この関数はffmpegコマンドを利用して、指定された.m3u8 URLから直接.mp4ファイルへと変換・ダウンロードします。ffmpegは強力なメディア処理ツールで、ここではストリーミングデータを受け取って単一の動画ファイルとして保存します。

def download_m3u8(url, folder_path, filename):
    output_filename = f"{os.path.basename(folder_path)} {filename}".replace(".m3u8", ".mp4")
    output_filepath = os.path.join(folder_path, output_filename)

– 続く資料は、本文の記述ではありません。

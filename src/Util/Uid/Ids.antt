-- ===== src/Util/Uid/Ids.antt =====
-- util/uid.go: what `RandStr8Base62` writes.
use ae_ro_go.Base.{
  ℕ, zero, suc, ◌/◌, ◌%◌, ◌≤◌, ◌<◌, ◌≡◌, refl, sym, ap, ◌∙◌, [], ◌∷◌, ◌++◌, append_assoc, Bytes,
  All, All-append, length, length-append, drop, set, length-set, drop-set, get_or-All, drop_all,
  append-nil, leb, Bool-cases, inl, inr, arith,
}
use ae_ro_go.Util.Uid.{base62, at, folded, rand_str8_loop, rand_str8, IsAlnum}

base62-IsAlnum : All IsAlnum base62
base62-IsAlnum = omega arith

at-IsAlnum : (idx : ℕ) → idx < 62 → IsAlnum (at base62 idx)
at-IsAlnum idx h = get_or-All IsAlnum base62 idx 0 base62-IsAlnum (omega arith)

folded-lt : (idx i : ℕ) → folded idx i < 62
unfolding folded
folded-lt idx i = ground arith

-- What the loop writes, in front of the part of the buffer that it does not reach.
record Written (n : ℕ) (run : Bytes → Bytes) : Type 0 where
  text : Bytes
  sized : length text ≡ n
  alnum : All IsAlnum text
  placed : (buf8 : Bytes) → n ≤ length buf8 → run buf8 ≡ text ++ drop n buf8

Written-ext :
    {n : ℕ} (run run' : Bytes → Bytes)
    → ((b : Bytes) → run b ≡ run' b)
    → Written n run
    → Written n run'
Written-ext run run' same w = record {
  text = w.text;
  sized = w.sized;
  alnum = w.alnum;
  placed = λ buf8 h. sym (same buf8) ∙ w.placed buf8 h;
}

Written-suc :
    (i c : ℕ) (run : Bytes → Bytes)
    → IsAlnum c
    → Written i run
    → Written (suc i) (λ buf8. run (set buf8 i c))
Written-suc i c run ok w = record {
  text = w.text ++ c ∷ [];
  sized = rw (length-append w.text (c ∷ []), w.sized) (omega arith);
  alnum = All-append IsAlnum w.text (c ∷ []) w.alnum (ok, tt);
  placed = λ buf8 h.
      w.placed (set buf8 i c) (omega (arith, length-set buf8 i c))
      ∙ ap (◌++◌ w.text) (drop-set buf8 i c h)
      ∙ sym (append_assoc w.text (c ∷ []) (drop (suc i) buf8));
}

rand_str8_loop-Written : (n remain cache : ℕ) → Written n (rand_str8_loop n remain cache)
unfolding rand_str8_loop
rand_str8_loop-Written zero remain cache = record {
  text = [];
  sized = refl;
  alnum = tt;
  placed = λ buf8 h. refl;
}
rand_str8_loop-Written (suc i) zero cache =
    Written-suc i _ _ (at-IsAlnum _ (folded-lt (cache % 64) i))
      (rand_str8_loop-Written i zero (cache / 64))
rand_str8_loop-Written (suc i) (suc remain) cache = elim (Bool-cases (leb 62 (cache % 64))) [
  | inl t ↦ Written-ext _ _ (λ b. rw t) (rand_str8_loop-Written (suc i) remain (cache / 64))
  | inr f ↦
      Written-ext _ _ (λ b. rw f)
        (Written-suc i _ _ (at-IsAlnum (cache % 64) (ground arith))
          (rand_str8_loop-Written i (suc remain) (cache / 64)))
]

-- For a buffer of eight bytes, what `RandStr8Base62` writes is eight letters and digits, and is the
-- same whatever eight bytes were in the buffer before.
pub rand_str8_lem :
    (int63 : ℕ) (buf8 old : Bytes)
    → length buf8 ≡ 8
    → length old ≡ 8
    → (length (rand_str8 int63 buf8) ≡ 8)
      × All IsAlnum (rand_str8 int63 buf8)
      × (rand_str8 int63 buf8 ≡ rand_str8 int63 old)
unfolding rand_str8
rand_str8_lem int63 buf8 old h h' = (rw whole w.sized, rw whole w.alnum, whole ∙ sym whole')
  where
    w : Written 8 (rand_str8_loop 8 2 int63)
    w = rand_str8_loop-Written 8 2 int63

    whole : rand_str8_loop 8 2 int63 buf8 ≡ w.text
    whole =
        w.placed buf8 (omega arith)
        ∙ ap (◌++◌ w.text) (drop_all 8 buf8 (omega arith))
        ∙ append-nil w.text

    whole' : rand_str8_loop 8 2 int63 old ≡ w.text
    whole' =
        w.placed old (omega arith)
        ∙ ap (◌++◌ w.text) (drop_all 8 old (omega arith))
        ∙ append-nil w.text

    command = ['ffmpeg', '-i', url, '-c', 'copy', '-bsf:a', 'aac_adtstoasc', output_filepath]
    try:
        subprocess.run(command, stdout=subprocess.PIPE, stderr=subprocess.PIPE, check=True)
        print(f"Download completed: {output_filepath}")
    except subprocess.CalledProcessError as e:
        print(f"Error during download of {url}: {e.stderr.decode()}")

subprocess.run() は外部プロセスを同期的に実行し、完了を待ちます。
エラー処理を含め、ffmpegの実行が失敗した場合には例外がキャッチされ、エラーメッセージが出力されます。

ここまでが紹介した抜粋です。